Upon returning from a trip to India where she probably received negative feedback on her treatment of Professor Yunus, and where she negotiated some highly controversial agreements with India that some say compromise Bangladesh’s sovereignty, Hasina spent a significant amount of time at a press conference responding to the Time article, which she said she had read. She did this instead of discussing her trip in depth, which was the reason the press conference was called in the first place. The PM flatly denied all of the criticisms leveled at her in the article, and then challenged Professor Yunus to a debate. Interestingly, the people she should be debating are her political rivals, but instead she has jailed many of them on trumped-up charges.
In the meantime, the labor court case against Professor Yunus will hold its next hearing on July 4. The Clooney Foundation for Justice is one of many independent organizations that have deemed this case to be without merit and politically-motivated.
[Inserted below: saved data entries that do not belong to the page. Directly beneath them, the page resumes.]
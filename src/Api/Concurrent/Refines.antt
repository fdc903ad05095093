-- ===== src/Api/Concurrent/Refines.antt =====
-- The server of app/main.py with all its requests at once, against the tasks of process_signal alone.
use dataveda_nifty_agent.Prelude.{
  ◌≤◌, if◌then◌else◌, ◌+◌, ℕ, String, ◌≡◌, refl, Option, none, some, ◌++◌, any, Bool-cases, inl,
  inr, sym,
}
use mathlib.Core.Path.{subst}
use dataveda_nifty_agent.Runtime.{Runtime}
use dataveda_nifty_agent.Models.Signal.{TradingViewSignal}
use dataveda_nifty_agent.Storage.Models.{Tenant, Db}
use dataveda_nifty_agent.Storage.Action.{Result, ok, raised}
use dataveda_nifty_agent.Storage.Tenants.{
  save, write_row, create_tenant, same_key, others, new_tenant,
}
use dataveda_nifty_agent.Storage.Tenants.Save.{row_of}
use dataveda_nifty_agent.Storage.Columns.{commit}
use dataveda_nifty_agent.Router.Tasks
use dataveda_nifty_agent.Router.Tasks.{Task, System, arrive, outside, run}
use dataveda_nifty_agent.Router.Tasks.Once.{sends, at_most_once}
use dataveda_nifty_agent.Storage.Trades.Rows.{has_row}
use dataveda_nifty_agent.Api.Auth.{Settings}
use dataveda_nifty_agent.Api.Concurrent.{
  Call, newcomer, of_customer, of_admin, alert, Progress, arrived, loaded, committed, over,
  handed_over, Plan, reads_on, writes, tasks_of, admit, proceed, entering,
}
use dataveda_nifty_agent.Api.Concurrent.Keeping.{Writes, SparesPlan, Spares, proceed-keeps}
use dataveda_nifty_agent.Api.Concurrent.World.{
  Rules, empty_world, World, Step, come, handle, route, Reach, here, next,
}

-- Nothing but the accounts is written.
pub record OnlyTenants (was db : Db) : Type 0 where
  pub trades : db.trades ≡ was.trades
  pub next_id : db.next_id ≡ was.next_id

write_row-OnlyTenants :
    (was : Db) (id : String) (change : Tenant → Tenant) (db : Db) (found : Option Tenant)
    → OnlyTenants was db
    → OnlyTenants was (write_row id change db found).1
write_row-OnlyTenants was id change db none o = o
write_row-OnlyTenants was id change db (some row) o =
    elim (Bool-cases (any (same_key (change row)) (others id db.tenants))) [
      | inl clash ↦ rw clash o
      | inr free ↦ rw free (record { trades = o.trades; next_id = o.next_id })
    ]

create_tenant-OnlyTenants :
    (rt : Runtime) (was : Db) (email : String) (drawn : _) (now : ℕ) (db : Db)
    → OnlyTenants was db
    → OnlyTenants was (create_tenant rt email drawn now db).1
unfolding create_tenant
create_tenant-OnlyTenants rt was email drawn now db o =
    elim (Bool-cases (any (same_key (new_tenant rt email drawn now)) db.tenants)) [
      | inl taken ↦ rw taken o
      | inr free ↦ rw free (record { trades = o.trades; next_id = o.next_id })
    ]

OnlyTenants-Writes : (rt : Runtime) (was : Db) → Writes rt (OnlyTenants was) (λ read set. Unit)
unfolding commit save
OnlyTenants-Writes rt was = record {
  by_commit = λ read set spared. record {
    at = λ db. write_row-OnlyTenants was read.id _ db (row_of read.id db.tenants);
  };
  by_create = λ email drawn now. record { at = create_tenant-OnlyTenants rt was email drawn now };
}

module _ (rt : Runtime) (settings : Settings) where
  SparesPlan-any : (t : Tenant) (p : Result Plan) → SparesPlan (λ read set. Unit) t p
  SparesPlan-any t (raised e) = tt
  SparesPlan-any t (ok (reads_on answer)) = tt
  SparesPlan-any t (ok (writes set answer)) = tt

  pub Spares-any : (call : Call) → Spares (λ read set. Unit) rt settings call
  Spares-any call now t = SparesPlan-any t _

  proceed-tenants :
      (call : Call) (now : ℕ) (progress : Progress) (db : Db)
      → record db { tenants = (proceed rt settings call now progress db).1.tenants }
        ≡ (proceed rt settings call now progress db).1
  proceed-tenants call now progress db =
      let after = (proceed rt settings call now progress db).1 in
      let o : OnlyTenants db after =
        proceed-keeps rt settings (OnlyTenants db) (λ read set. Unit) (OnlyTenants-Writes rt db)
          call now progress db (Spares-any call) (record { trades = refl; next_id = refl }) in
      λ i. record { tenants = after.tenants; trades = sym o.trades i; next_id = sym o.next_id i }

  module _ (start : System) where
    added :
        (x : Result (Tenant × TradingViewSignal)) (σ : System)
        → Tasks.Reach rt start σ
        → Tasks.Reach rt start (record σ { tasks = tasks_of x ++ σ.tasks })
    added (ok (tenant, signal)) σ r = Tasks.next r (arrive σ tenant signal)
    added (raised e) σ r = r

    entered :
        (call : Call) (progress : Progress) (db : Db) (σ : System)
        → Tasks.Reach rt start σ
        → Tasks.Reach rt start
            (record σ { tasks = entering rt settings call progress db ++ σ.tasks })
    unfolding entering
    entered (alert webhook_id body) arrived db σ r =
        added (admit rt settings webhook_id body db).0 σ r
    entered (alert webhook_id body) (loaded t) db σ r = r
    entered (alert webhook_id body) (committed id answer) db σ r = r
    entered (alert webhook_id body) (over x) db σ r = r
    entered (alert webhook_id body) handed_over db σ r = r
    entered (newcomer email drawn) progress db σ r = r
    entered (of_customer authorization call) progress db σ r = r
    entered (of_admin key call) progress db σ r = r

    Step-Reach :
        {rules : Rules} {w x : World}
        → Step rt settings rules w x
        → Tasks.Reach rt start w.system
        → Tasks.Reach rt start x.system
    Step-Reach (come w call allowed) r = r
    Step-Reach (handle before p after now σ timely) r =
        let stepped = proceed rt settings p.call now p.progress σ.db in
        let r' = entered p.call p.progress σ.db σ r in
        subst
          (λ (db : Db). Tasks.Reach rt start (record {
            db = db;
            tasks = entering rt settings p.call p.progress σ.db ++ σ.tasks;
            sent = σ.sent;
          }))
          (proceed-tenants p.call now p.progress σ.db) (Tasks.next r' (outside _ stepped.1.tenants))
    Step-Reach (route pending db before task after sent i timely) r =
        Tasks.next r (run db before task after sent i)

  -- The router's part of every state that the whole server reaches, its requests interleaved at
  -- every database call, is a state that the tasks of process_signal reach alone, with outside
  -- writes to the tenants' table.
  pub refines :
      (rules : Rules) (w x : World) → Reach rt settings rules w x → Tasks.Reach rt w.system x.system
  refines rules w x here = Tasks.here
  refines rules w x (next r step) = Step-Reach w.system step (refines rules w _ r)

  -- From any database with no request under way, through any requests of any kind, interleaved at
  -- every database call and every broker call, at most one order of a tenant's signal id goes to
  -- the broker, and none if the log had a row of it at the start.
  pub sends_once :
      (rules : Rules) (db : Db) (w : World) (t s : String)
      → Reach rt settings rules (empty_world db) w
      → sends t s w.system.sent + (if has_row t s db.trades then 1 else 0) ≤ 1
  sends_once rules db w t s r = at_most_once rt db w.system t s (refines rules _ w r)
In their findings issued earlier this year, the Clooney Foundation’s TrialWatch report found “that the proceedings against Yunus appear to have been improperly motivated based on a combination of factors – the fraught political climate in which the trial took place, the many other cases brought against Yunus, the statements made by Sheikh Hasina about Yunus, the expedited nature of the proceedings, the apparent selective targeting of Yunus amongst many other individuals at Grameen Telecom arguably subject to the same law, the authorities’ unusually aggressive and potentially unforeseeable interpretation of the Labour Law, and procedural irregularities… TrialWatch calls on Bangladesh’s Labour Appellate Tribunal to overturn the conviction of Yunus and his co-defendants.”
The equally meritless “embezzlement” charges leveled by the Anti-Corruption Commission were officially accepted by the Bangladesh judicial system last month, leading to the proceedings against Professor Yunus that will begin in mid-July. Journalist David Bergman has exhaustively debunked the charges in this article and this follow up piece. In the end, the entire case hinges on the fact that after an out of court settlement between Grameen Telecom and its workers had been reached, the agreement was signed but the bank account to which the payments were going to be sent had not yet been opened by the workers’ trade union. So it was left blank and filled in by hand a few days later after the account was opened. The funds were then sent, exactly as proscribed by the agreement, to the intended account. Incredibly, that’s it! This is what the government’s laughably thin case calls “embezzlement.” It actually was a pragmatic effort to speed the payment to Grameen Telecom’s workers, or at worst a clerical anomaly that was quickly corrected.
Next up is the Paris Olympics, which Professor Yunus has done so much to shape in collaboration with the French government and the International Olympic Committee. As mentioned above, the case involving the allegations from the Anti-Corruption Commission begins with a procedural hearing on or around July 15. There has been talk of it having weekly hearings from then on, which would prevent Professor Yunus from traveling to Paris where he would be an honored guest at the Olympics. It will be interesting to see whether the Bangladesh government blocks his participation and if they do, how that impacts Bangladesh-French relations and world opinion of Hasina’s regime.
In the weeks ahead we expect to see more stories that are favorable to about Professor Yunus’ work and the battle with his own government.